Je lui ai dit au revoir dimanche. Lundi, je suis allé lui dire que je l’aimais sous sa fenêtre.

Robert Langevin, son compagnon

Robert Langevin réfléchit à un moyen qui permettrait aux admirateurs de Renée Claude de lui rendre un dernier hommage.

L’auteur-compositeur Stéphane Venne, qui a écrit quelques-unes des chansons inoubliables du répertoire de Renée Claude, n’était pas triste mardi. « Pour moi, elle est toujours là parce que ses chansons sont là.
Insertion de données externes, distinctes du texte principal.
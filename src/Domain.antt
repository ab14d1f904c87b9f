-- ===== src/Domain.antt =====
-- domains/: the rows of the database, with the fields that the modelled code reads or writes. Of the
-- common BaseDataEntity these are the guid and the two times.
use navmesh_go.Base.{ℕ, Bool, if◌then◌else◌}
use navmesh_go.Base.Int.{ℤ}
use navmesh_go.Base.Text.{Text, codes, is_empty}

-- domains/common.go
abbrev pub status_disabled : ℕ
status_disabled = 0

abbrev pub status_enabled : ℕ
status_enabled = 1

-- domains/device.go
abbrev pub device_status_online : ℕ
device_status_online = 2

abbrev pub device_status_disabled : ℕ
device_status_disabled = 4

pub record Device : Type 0 where
  pub guid : Text
  pub device_type : Text
  pub client_version : Text
  pub os : Text
  pub arch : Text
  pub group_guid : Text
  pub status : ℕ

-- domains/port_mapping.go
pub record PortMapping : Type 0 where
  pub guid : Text
  pub device_guid : Text
  pub name : Text
  pub public_host : Text
  pub target_host : Text
  pub target_port : ℤ
  pub protocol : Text
  pub is_custom_domain : Bool
  pub status : ℕ

-- domains/access_policy.go
pub record AccessPolicy : Type 0 where
  pub guid : Text
  pub name : Text
  pub scope : Text
  pub target_id : Text
  pub allow_ssh : Bool
  pub allow_http : Bool
  pub allow_tcp : Bool
  pub status : ℕ

-- domains/release.go
abbrev pub release_type_rain : Text
release_type_rain = codes "rain"

abbrev pub release_type_hipnames : Text
release_type_hipnames = codes "hipnames"

abbrev pub release_type_navmesh : Text
release_type_navmesh = codes "navmesh"

pub record Release : Type 0 where
  pub guid : Text
  pub release_type : Text
  pub device_type : Text
  pub version : Text
  pub os : Text
  pub arch : Text
  pub file_name : Text
  pub sha256 : Text
  pub size : ℤ
  pub download_url : Text

unfoldable pub normalize_defaults : Release → Release
normalize_defaults r = record r {
  release_type = if is_empty r.release_type then release_type_navmesh else r.release_type;
  device_type = if is_empty r.device_type then codes "all" else r.device_type;
}

-- domains/device_upgrade_task.go
abbrev pub upgrade_pending : ℕ
upgrade_pending = 1

abbrev pub upgrade_running : ℕ
upgrade_running = 2

abbrev pub upgrade_success : ℕ
upgrade_success = 3

abbrev pub upgrade_failed : ℕ
upgrade_failed = 4

abbrev pub upgrade_canceled : ℕ
upgrade_canceled = 5

pub record DeviceUpgradeTask : Type 0 where
  pub guid : Text
  pub create_time : ℤ
  pub update_time : ℤ
  pub batch_guid : Text
  pub device_guid : Text
  pub release_guid : Text
  pub release_type : Text
  pub device_type : Text
  pub version : Text
  pub os : Text
  pub arch : Text
  pub file_name : Text
  pub download_url : Text
  pub sha256 : Text
  pub size : ℤ
  pub from_version : Text
  pub current_version : Text
  pub status : ℕ
  pub progress : ℤ
  pub downloaded_size : ℤ
  pub message : Text
  pub error_message : Text
  pub start_time : ℤ
  pub finish_time : ℤ

pub record DeviceUpgradeBatch : Type 0 where
  pub guid : Text
  pub create_time : ℤ
  pub update_time : ℤ
  pub release_guid : Text
  pub release_type : Text
  pub device_type : Text
  pub version : Text
  pub os : Text
  pub arch : Text
  pub file_name : Text
  pub total_count : ℤ
  pub message : Text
Et je ne suis pas triste parce qu’elle laisse quelque chose de collectif, un héritage, et c’est ce qui compte. »

Renée Claude n’incarnait rien de moins que la perfection aux yeux de Stéphane Venne. « Elle avait une qualité d’intériorité qui est le contraire du narcissisme. Ce n’était pas “regardez comme j’ai une belle voix !” »
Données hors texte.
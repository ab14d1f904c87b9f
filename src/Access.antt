-- ===== src/Access.antt =====
-- services/access_policy_service.go: which protocols a device may be reached by.
-- The condition of a query is a predicate on the rows. `find` stands for the database: the rows that
-- meet a condition, or none for an error.
pub mod Saved
pub mod Cache
mod Tests
use navmesh_go.Base.{
  ℕ, ◌≡◌, refl, Bool, true, false, ◌||◌, ◌&&◌, not, Option, none, some, List, [], ◌∷◌, ◌⊎◌, inl,
  inr, ◌==◌, if◌then◌else◌,
}
use navmesh_go.Base.Int.{ℤ}
use navmesh_go.Base.Text.{Text, codes, eq_text, is_empty, trim_space, to_lower, member}
use navmesh_go.Domain.{Device, AccessPolicy, status_enabled, status_disabled}

pub record PolicyDeviceContext : Type 0 where
  pub group_guid : Text
  pub device_type : Text

abbrev device_context : Option Device → PolicyDeviceContext
device_context none = record { group_guid = []; device_type = [] }
device_context (some device) = record {
  group_guid = trim_space device.group_guid;
  device_type = trim_space device.device_type;
}

-- `find_device` is the query by guid, none for an error.
unfoldable pub load_policy_device_context : (Text → Option Device) → Text → PolicyDeviceContext
load_policy_device_context find_device device_guid =
    if is_empty (trim_space device_guid)
    then record { group_guid = []; device_type = [] }
    else device_context (find_device device_guid)

unfoldable pub targets : PolicyDeviceContext → List Text
targets c =
    if is_empty c.group_guid
    then if is_empty c.device_type then [] ∷ [] else c.device_type ∷ []
    else if is_empty c.device_type
    then c.group_guid ∷ []
    else if eq_text c.group_guid c.device_type
    then c.group_guid ∷ []
    else c.group_guid ∷ c.device_type ∷ []

-- The condition of the query besides `status = 1`.
unfoldable pub policy_query : Text → Text → List Text → AccessPolicy → Bool
policy_query device_guid mapping_guid group_targets policy =
    eq_text policy.scope (codes "global")
    || (eq_text policy.scope (codes "device") && eq_text policy.target_id device_guid)
    || (eq_text policy.scope (codes "group") && member policy.target_id group_targets)
    || (not (is_empty mapping_guid)
        && eq_text policy.scope (codes "mapping")
        && eq_text policy.target_id mapping_guid)

unfoldable pub allow_protocol : Text → Bool → AccessPolicy → Bool
allow_protocol protocol allowed policy =
    if eq_text protocol (codes "ssh")
    then allowed && policy.allow_ssh
    else if eq_text protocol (codes "http") || eq_text protocol (codes "https")
    then allowed && policy.allow_http
    else if eq_text protocol (codes "tcp")
    then allowed && policy.allow_tcp
    else allowed

unfoldable pub allowed_by : Text → Bool → List AccessPolicy → Bool
unfolding allow_protocol
allowed_by protocol allowed [] = allowed
allowed_by protocol allowed (policy ∷ rest) =
    allowed_by protocol (allow_protocol protocol allowed policy) rest

abbrev decide : Text → Option (List AccessPolicy) → Bool
decide protocol none = true
decide protocol (some policies) = allowed_by protocol true policies

unfoldable pub is_allowed :
    (Text → Option Device)
    → ((AccessPolicy → Bool) → Option (List AccessPolicy))
    → Text
    → Text
    → Text
    → Bool
unfolding load_policy_device_context targets policy_query allowed_by
is_allowed find_device find device_guid mapping_guid protocol =
    let device = trim_space device_guid in
    let context = load_policy_device_context find_device device in
    decide (to_lower (trim_space protocol)) (
      find (λ policy.
        policy.status == status_enabled
        && policy_query device (trim_space mapping_guid) (targets context) policy))

pub record SaveAccessPolicyRequest : Type 0 where
  pub guid : Text
  pub name : Text
  pub scope : Text
  pub target_id : Text
  pub allow_ssh : Bool
  pub allow_http : Bool
  pub allow_tcp : Bool
  pub status : ℕ

unfoldable pub normalize_policy_request : SaveAccessPolicyRequest → SaveAccessPolicyRequest
normalize_policy_request req =
    let scope = to_lower (trim_space req.scope) in
    record req {
      guid = trim_space req.guid;
      name = trim_space req.name;
      scope = if is_empty scope then codes "device" else scope;
      target_id = trim_space req.target_id;
      status = if req.status == 0 then status_enabled else req.status;
    }

pub data SaveError : Type 0 where
  name_required scope_required target_required db_error : SaveError

-- The answer of the query for the row by its guid.
pub data Found : Type 0 where
  found : AccessPolicy → Found
  not_found query_failed : Found

unfoldable pub fill_row : SaveAccessPolicyRequest → AccessPolicy → AccessPolicy
fill_row req row = record row {
  name = req.name;
  scope = req.scope;
  target_id = req.target_id;
  allow_ssh = req.allow_ssh;
  allow_http = req.allow_http;
  allow_tcp = req.allow_tcp;
  status = req.status;
}

unfoldable pub new_row : Text → AccessPolicy
new_row guid = record {
  guid = guid;
  name = [];
  scope = [];
  target_id = [];
  allow_ssh = false;
  allow_http = false;
  allow_tcp = false;
  status = 0;
}

unfoldable pub save_row : Bool → SaveAccessPolicyRequest → Found → SaveError ⊎ AccessPolicy
unfolding fill_row new_row
save_row saved req query_failed = inl db_error
save_row saved req not_found = if saved then inr (fill_row req (new_row req.guid)) else inl db_error
save_row saved req (found row) = if saved then inr (fill_row req row) else inl db_error

-- The row that is written, or the error. After a row the HTTP routes are reloaded.
unfoldable pub save : (Text → Found) → Bool → SaveAccessPolicyRequest → SaveError ⊎ AccessPolicy
unfolding normalize_policy_request save_row
save find saved given =
    let req = normalize_policy_request given in
    if is_empty req.name
    then inl name_required
    else if is_empty req.scope
    then inl scope_required
    else if eq_text req.scope (codes "global")
    then save_row saved req (find req.guid)
    else if is_empty req.target_id
    then inl target_required
    else save_row saved req (find req.guid)

unfoldable pub disable_rows : Text → List AccessPolicy → List AccessPolicy
disable_rows guid [] = []
disable_rows guid (row ∷ rest) =
    (if eq_text row.guid guid then record row { status = status_disabled } else row)
    ∷ disable_rows guid rest

-- The rows after an update that succeeds, and none for an empty guid.
unfoldable pub disable : Text → List AccessPolicy → Option (List AccessPolicy)
unfolding disable_rows
disable guid rows =
    if is_empty (trim_space guid) then none else some (disable_rows (trim_space guid) rows)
PHOTO MARCO CAMPANOZZI, ARCHIVES LA PRESSE

L’auteur-compositeur Stéphane Venne

Son interprétation, comme sa beauté, c’était parfait sans que ça paraisse. Elle m’a tout appris dans sa recherche têtue, patiente, de la perfection.

Stéphane Venne, auteur-compositeur

Sainte trinité

Depuis des années, la chanteuse souffrait de la maladie d’Alzheimer à son stade le plus avancé, comme l’avait confirmé son amoureux, Robert Langevin, au magazine Échos Vedettes en février 2019. M. Langevin avait précisé que les premiers symptômes étaient apparus il y a une dizaine d’années.

Dans les jours qui ont suivi la publication de cet article, le producteur Nicolas Lemieux a lancé le projet fou de réunir 11 chanteuses québécoises pour l’interprétation du succès Tu trouveras la paix (1971) écrit par Stéphane Venne et créé par Renée Claude. Une vidéo et une chanson ont été lancées le 8 mars 2019, Journée internationale des femmes, au profit de la Fondation du CHUM pour la recherche sur l’alzheimer.

> Écoutez la reprise de Tu trouveras la paix

Un grand spectacle, intitulé La mémoire du cœur, a suivi le 15 novembre 2019 à la Maison symphonique. C’est dire combien la chanteuse a occupé une place importante tant dans le cœur des Québécois que dans celui des membres de l’industrie musicale.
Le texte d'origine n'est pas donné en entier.